• _What you need to do_: Output only the stretch of the listing that starts at the line containing "compressed = not" and ends at the line containing "unfoldable pub read_compressed", reproduced exactly with both ends.

• _Input material_:

-- ===== src/Ard.antt =====
-- ardain/src/ard.rs: `ArdReader` and the readers of an entry. The ARD file is the list of its bytes,
-- shorter than 2^63; what `xc3_lib` reads from it and decompresses is a parameter.
pub mod Ranges
mod Checks
use ard_tools.Base.{
  ℕ, ◌+◌, ◌-◌, ◌^◌, ◌<◌, ◌≤◌, ◌≡◌, Bool, true, false, not, Option, none, some, List, arith, ltb,
  leb, min, ◌==◌, if◌then◌else◌, length, take, drop, Run, ok, err, panic, ◌>>=◌,
}
use ard_tools.Arh.Meta.{FileMeta}
use ard_tools.Fs.Error.{Error, io, size_convert}

-- `Xbc1::read` of the bytes from a position on, and `decompress`: the bytes, and the field
-- `decompressed_size`.
pub record Decompressor : Type 0 where
  pub decompress : List ℕ → Run Error (List ℕ × ℕ)

pub record EntryReader : Type 0 where
  pub offset : ℕ
  pub entry_size : ℕ
  pub compressed : Bool

pub record OffsetReader : Type 0 where
  pub entry : EntryReader
  pub offset : ℕ
  pub max_size : Option ℕ

-- `ArdReader::entry`.
abbrev pub entry : FileMeta → EntryReader
entry file = record {
  offset = file.offset;
  entry_size = file.compressed_size;
  compressed = not (file.uncompressed_size == 0);
}

-- `&buf[start..end]`, which panics out of range.
abbrev pub slice : List ℕ → ℕ → ℕ → Run Error (List ℕ)
slice buf start end =
    if leb start end
    then (if leb end (length buf) then ok (take (end - start) (drop start buf)) else panic)
    else panic

-- `u64::saturating_add`.
abbrev pub saturating_add : ℕ → ℕ → ℕ
saturating_add a b = min (a + b) (2 ^ 64 - 1)

-- `read_exact` of `size` bytes from a position of the file.
abbrev pub read_exact : List ℕ → ℕ → ℕ → Run Error (List ℕ)
read_exact bytes position size =
    if leb size (length (drop position bytes)) then ok (take size (drop position bytes)) else err io

module _ (xbc1 : Decompressor) (bytes : List ℕ) where
  -- `EntryReader::read_at`, of a compressed entry and of one that is not.
  unfoldable pub read_compressed : EntryReader → ℕ → ℕ → Run Error (List ℕ)
  read_compressed reader offset_in_entry max_size = do
    (buf, decompressed_size) ← xbc1.decompress (drop reader.offset bytes)
    slice buf offset_in_entry (min (saturating_add offset_in_entry max_size) decompressed_size)

  unfoldable pub read_plain : EntryReader → ℕ → ℕ → Run Error (List ℕ)
  read_plain reader offset_in_entry max_size =
      let size = min (reader.entry_size - offset_in_entry) max_size in
      if ltb offset_in_entry (2 ^ 63)
      then read_exact bytes (reader.offset + offset_in_entry) size
      else err size_convert

  unfoldable pub read_at : EntryReader → ℕ → ℕ → Run Error (List ℕ)
  read_at reader offset_in_entry max_size =
      if reader.compressed
      then read_compressed reader offset_in_entry max_size
      else read_plain reader offset_in_entry max_size

  -- `EntryReader::read`.
  unfoldable pub read : EntryReader → Run Error (List ℕ)
  read reader = read_at reader 0 reader.entry_size

  -- `OffsetReader::read`.
  unfoldable pub read_range : OffsetReader → Run Error (List ℕ)
  read_range reader = elim reader.max_size [
    | none ↦ read_at reader.entry reader.offset reader.entry.entry_size
    | some size ↦ read_at reader.entry reader.offset size
  ]

-- `EntryReader::skip_take`.
abbrev pub skip_take : EntryReader → ℕ → ℕ → OffsetReader
skip_take reader skip size = record { entry = reader; offset = skip; max_size = some size }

• _Result_:
  compressed = not (file.uncompressed_size == 0);
}

-- `&buf[start..end]`, which panics out of range.
abbrev pub slice : List ℕ → ℕ → ℕ → Run Error (List ℕ)
slice buf start end =
    if leb start end
    then (if leb end (length buf) then ok (take (end - start) (drop start buf)) else panic)
    else panic

-- `u64::saturating_add`.
abbrev pub saturating_add : ℕ → ℕ → ℕ
saturating_add a b = min (a + b) (2 ^ 64 - 1)

-- `read_exact` of `size` bytes from a position of the file.
abbrev pub read_exact : List ℕ → ℕ → ℕ → Run Error (List ℕ)
read_exact bytes position size =
    if leb size (length (drop position bytes)) then ok (take size (drop position bytes)) else err io

module _ (xbc1 : Decompressor) (bytes : List ℕ) where
  -- `EntryReader::read_at`, of a compressed entry and of one that is not.
  unfoldable pub read_compressed : EntryReader → ℕ → ℕ → Run Error (List ℕ)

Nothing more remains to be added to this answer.